Lorsque la police nationale et la police municipale ne suffisent pas, on peut songer à créer une « police privée ». L’idée est dans l’air à Nantes.

Les Nantais ont de la chance d’habiter dans une ville pilote. En effet ils disposent d’une police nationale (1 000 policiers au commissariat central, d’après Le Figaro, lundi 17 février 2020), mais aussi d’une police municipale forte de 115 hommes et femmes. Avec cette petite armée, un esprit non averti pourrait estimer que la bataille engagée pour la « reconquête républicaine » (sic) des quartiers « sensibles » (Malakoff, Bellevue, Dervallières) va se terminer par la victoire des forces de l’ordre. Mais aucun dispositif particulier n’est prévu pour le centre-ville, lui aussi gangrené par la délinquance en tous genres (viols, drogue, agressions physiques…). Peut-être que les habitants de ces quartiers ne sont pas jugés suffisamment « républicains ». Seraient-ils royalistes ?

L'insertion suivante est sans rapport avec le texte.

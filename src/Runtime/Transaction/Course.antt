-- ===== src/Runtime/Transaction/Course.antt =====
-- Many calls of `PrivacyTransaction` of src/mr_hide/runtime/privacy.py.
use mr_hide.Prelude.{
  Bool-cases, Text, ℕ, ◌≡◌, refl, sym, subst, ◌∙◌, inl, inr, Option, none, some, List,
}
use mr_hide.Errors.{transaction_already_committed, runtime, Result, err, ok}
use mr_hide.Policy.{
  SubstitutionMode, ContentKind, PolicyAction, protect, restore_known, pass_through, WarningCode,
  decide_policy,
}
use mr_hide.Privacy.Unicode.{Unicode}
use mr_hide.Privacy.Models.{DetectedSpan}
use mr_hide.Privacy.Scoring.{character_scorer}
use mr_hide.Privacy.Mapping.Transform.{TransformationResult}
use mr_hide.Privacy.Mapping.Growth.{Grows, Grows-refl, Grows-trans, transform_text-Grows}
use mr_hide.Runtime.Transaction.{
  Transaction, warned, protected_text, with_result, apply_action, decided, transform,
}
use mr_hide.Runtime.Transaction.Laws.{protected_text-ok}

-- The state that the transaction began with stays, and its mappings grow.
pub record Extends (x y : Transaction) : Type 0 where
  pub same_state : y.state ≡ x.state
  pub same_policy : y.policy ≡ x.policy
  pub same_direction : y.direction ≡ x.direction
  pub same_committed : y.committed ≡ x.committed
  pub grown : Grows x.state.mode x.mappings y.mappings

Extends-refl : (x : Transaction) → Extends x x
Extends-refl x = record {
  same_state = refl;
  same_policy = refl;
  same_direction = refl;
  same_committed = refl;
  grown = Grows-refl x.state.mode x.mappings;
}

Extends-trans : (x y z : Transaction) → Extends x y → Extends y z → Extends x z
Extends-trans x y z e f = record {
  same_state = f.same_state ∙ e.same_state;
  same_policy = f.same_policy ∙ e.same_policy;
  same_direction = f.same_direction ∙ e.same_direction;
  same_committed = f.same_committed ∙ e.same_committed;
  grown =
      Grows-trans x.state.mode x.mappings y.mappings z.mappings e.grown
        (subst (λ s. Grows s.mode y.mappings z.mappings) e.same_state f.grown);
}

warned-Extends : (x : Transaction) (w : Option WarningCode) → Extends x (warned x w)
warned-Extends x none = Extends-refl x
warned-Extends x (some code) = record {
  same_state = refl;
  same_policy = refl;
  same_direction = refl;
  same_committed = refl;
  grown = Grows-refl x.state.mode x.mappings;
}

module _ (u : Unicode) (ipv6 : ℕ → Text) (detect : Text → Result (List DetectedSpan)) where
  with_result-Extends :
      (x : Transaction) (t : Text) (mode : SubstitutionMode) (m : Result TransformationResult)
      → protected_text u ipv6 detect x t mode ≡ m
      → Extends x (with_result u ipv6 detect x m).0
  with_result-Extends x t mode (err e) h = Extends-refl x
  with_result-Extends x t mode (ok result) h =
      let (agrees, (detections, _, made)) = protected_text-ok u ipv6 detect x t mode result h in
      record {
        same_state = refl;
        same_policy = refl;
        same_direction = refl;
        same_committed = refl;
        grown =
            subst (λ m. Grows m x.mappings result.mappings) agrees
              (transform_text-Grows u ipv6 character_scorer mode t x.mappings detections result
                made);
      }

  apply_action-Extends :
      (x : Transaction) (t : Text) (action : PolicyAction) (mode : SubstitutionMode)
      → Extends x (apply_action u ipv6 detect x t action mode).0
  unfolding apply_action
  apply_action-Extends x t pass_through mode = Extends-refl x
  apply_action-Extends x t restore_known mode = Extends-refl x
  apply_action-Extends x t protect mode =
      with_result-Extends x t mode (protected_text u ipv6 detect x t mode) refl

  transform-Extends :
      (x : Transaction) (t : Text) (kind : ContentKind)
      → Extends x (transform u ipv6 detect x t kind).0
  unfolding transform decided
  transform-Extends x t kind = elim (Bool-cases x.committed) [
    | inl c ↦
        let e : transform u ipv6 detect x t kind
            ≡ (x, err (runtime transaction_already_committed)) =
          rw c refl in
        subst (λ m. Extends x m.0) (sym e) (Extends-refl x)
    | inr c ↦ elim (Bool-cases x.state.bypassed) [
      | inl b ↦
          let e : transform u ipv6 detect x t kind ≡ (x, ok t) = rw (c, b) refl in
          subst (λ m. Extends x m.0) (sym e) (Extends-refl x)
      | inr b ↦
          let d = decide_policy x.policy x.direction kind in
          let e : transform u ipv6 detect x t kind
              ≡ apply_action u ipv6 detect (warned x d.warning_code) t d.action
                  d.substitution_mode =
            rw (c, b) refl in
          subst (λ m. Extends x m.0) (sym e)
            (Extends-trans x (warned x d.warning_code)
              (apply_action u ipv6 detect (warned x d.warning_code) t d.action
                d.substitution_mode).0
              (warned-Extends x d.warning_code)
              (apply_action-Extends (warned x d.warning_code) t d.action d.substitution_mode))
    ]
  ]

  -- A transaction in the course of calls of `transform`, those that raise included.
  pub data Run : Transaction → Transaction → Type 0 where
    idle : {x : Transaction} → Run x x
    call :
        {x y : Transaction} (t : Text) (kind : ContentKind)
        → Run (transform u ipv6 detect x t kind).0 y
        → Run x y

  -- However often `transform` is called, and whether it raises or not, the transaction keeps the
  -- state that it began with, its policy and its direction, and is committed only if it was; its
  -- mappings keep every record where it is, with new ones, all of the conversation's mode, behind.
  pub Run-Extends : {x y : Transaction} → Run x y → Extends x y
  Run-Extends {x} idle = Extends-refl x
  Run-Extends {x} {y} (call t kind run) =
      Extends-trans x (transform u ipv6 detect x t kind).0 y (transform-Extends x t kind)
        (Run-Extends run)
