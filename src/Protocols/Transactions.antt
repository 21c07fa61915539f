-- ===== src/Protocols/Transactions.antt =====
-- The transaction of src/mr_hide/runtime/privacy.py as what transforms the texts of a body.
use mr_hide.Prelude.{Text, ℕ, ◌≡◌, List}
use mr_hide.Errors.{Result, ok}
use mr_hide.Errors.Raises.{Ends-of_ok}
use mr_hide.Policy.{ContentKind}
use mr_hide.Privacy.Unicode.{Unicode}
use mr_hide.Privacy.Models.{DetectedSpan}
use mr_hide.Runtime.Transaction.{Transaction, transform}
use mr_hide.Runtime.Transaction.Course.{Run, idle, call}
use mr_hide.Protocols.Walk.{TextTransform}
use mr_hide.Protocols.Contract.{Callback}

module _ (u : Unicode) (ipv6 : ℕ → Text) (detect : Text → Result (List DetectedSpan)) where
  pub Run-trans :
      (x y z : Transaction) → Run u ipv6 detect x y → Run u ipv6 detect y z → Run u ipv6 detect x z
  Run-trans x y z idle later = later
  Run-trans x y z (call t kind run) later =
      call t kind (Run-trans (transform u ipv6 detect x t kind).0 y z run later)

  -- A text that `PrivacyTransaction.transform` returned for a text of this kind, at some point in
  -- the course of the transaction that begins as it is given here.
  abbrev pub Vetted : Transaction → ContentKind → Text → Type 0
  Vetted start kind t =
      (x : Transaction) × (given : Text) × Run u ipv6 detect start x
      × ((transform u ipv6 detect x given kind).1 ≡ ok t)

  abbrev pub of_transaction : TextTransform Transaction
  of_transaction t kind x = transform u ipv6 detect x t kind

  unfoldable pub transaction_callback : Transaction → Callback Transaction
  transaction_callback start = record {
    transform = of_transaction;
    course = record { Reached = Run u ipv6 detect start; Step = Run u ipv6 detect };
    steps = record { stays = λ x. idle; goes_on = Run-trans; leads_on = Run-trans start };
    Good = Vetted start;
    released = λ t kind x run. (
      call t kind idle,
      Ends-of_ok (Vetted start kind) (transform u ipv6 detect x t kind).1
          (λ a same. (x, t, run, same)),
    );
  }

Le problème du centre-ville

On peut poser la question autrement : les commerçants du centre-ville votent-ils pour Johanna Rolland (PS) ? Effectivement le monde de la boutique et de la limonade penche plutôt à droite… Devant ce qu’ils estiment être l’inaction de la police nationale et de la police municipale, ils ont décidé de mettre en place une espèce de milice constituée avec des agents de sécurité fournis par des entreprises spécialisées. À l’origine de ce projet, le groupe « Sécurité nocturne Nantes » (S 2 N) qui se manifeste sur les réseaux sociaux avec cette proclamation « Nantes, Stop, violence, agression, insécurité ». L’opération est pilotée par tois professionnels de la nuit (barmen dans les brasseries), scandalisés et inquiets face à la montée de l’insécurité à Nantes. « Il ne se passe pas une journée sans qu’il y ait un vol ou un autre type d’agression », dénonce l’un d’eux, Cyril (Presse Océan, mardi 28 janvier 2020). « En quelques mois, je me suis fait voler deux fois mon portable, j’ai porté plaine pour exhibition sexuelle et on a essayé de me prendre mon sac à main à l’arraché ; c’est de pire en pire », témoigne Katell, Nantaise, serveuse au Prohibition, un bar du centre-ville ouvert jusqu’à trois heures du matin (Journal du dimanche, 2 février 2020).

L’idée semble simple : « Face à l’insécurité, nous pensons à une mutualisation des agents de sécurité ou des personnes qualifiées », explique Cyril. « C’est d’ailleurs le cas lors du festival Bar-Bars ou de la Fête de la musique. Les agents de sécurité ont une dérogation pour intervenir sur la voie publique en soutien aux forces de l’ordre. » (Presse Océan, mardi 4 février 2020).

Qui paiera ?

Reste la grande question : qui paiera ces agents de sécurité ? « C’est encore aux commerçants de financer », déplore l’un d’eux (Presse Océan, 27 février 2020). Rassurons-le : son expert-comptable saura placer cette dépense dans la bonne case… Et puis il est toujours possible de demander une subvention à la mairie !

Positivons : pour étoffer cette « milice », il faudra embaucher des « costauds ». La délinquance peut venir au secours de l’emploi en quelque sorte. Dans ce centre-ville, ces agents de sécurité auront du pain sur la planche. En effet, d’après le procureur de la République, 276 interpellations en un an ont eu lieu autour de la place du Commerce, principalement pour trafic de stupéfiants (Le Figaro, lundi 2 mars 2020). La « milice » obtiendra-t-elle de meilleurs résultats que la police nationale et la police municipale ?

De toute façon, cette question est pour l’instant mise entre parenthèses : les cafés et restaurants sont fermés jusqu’à nouvel ordre, coronavirus oblige. Et ce sont les malfrats qui vont se retrouver temporairement au chômage. Ce dont personne ne se plaindra.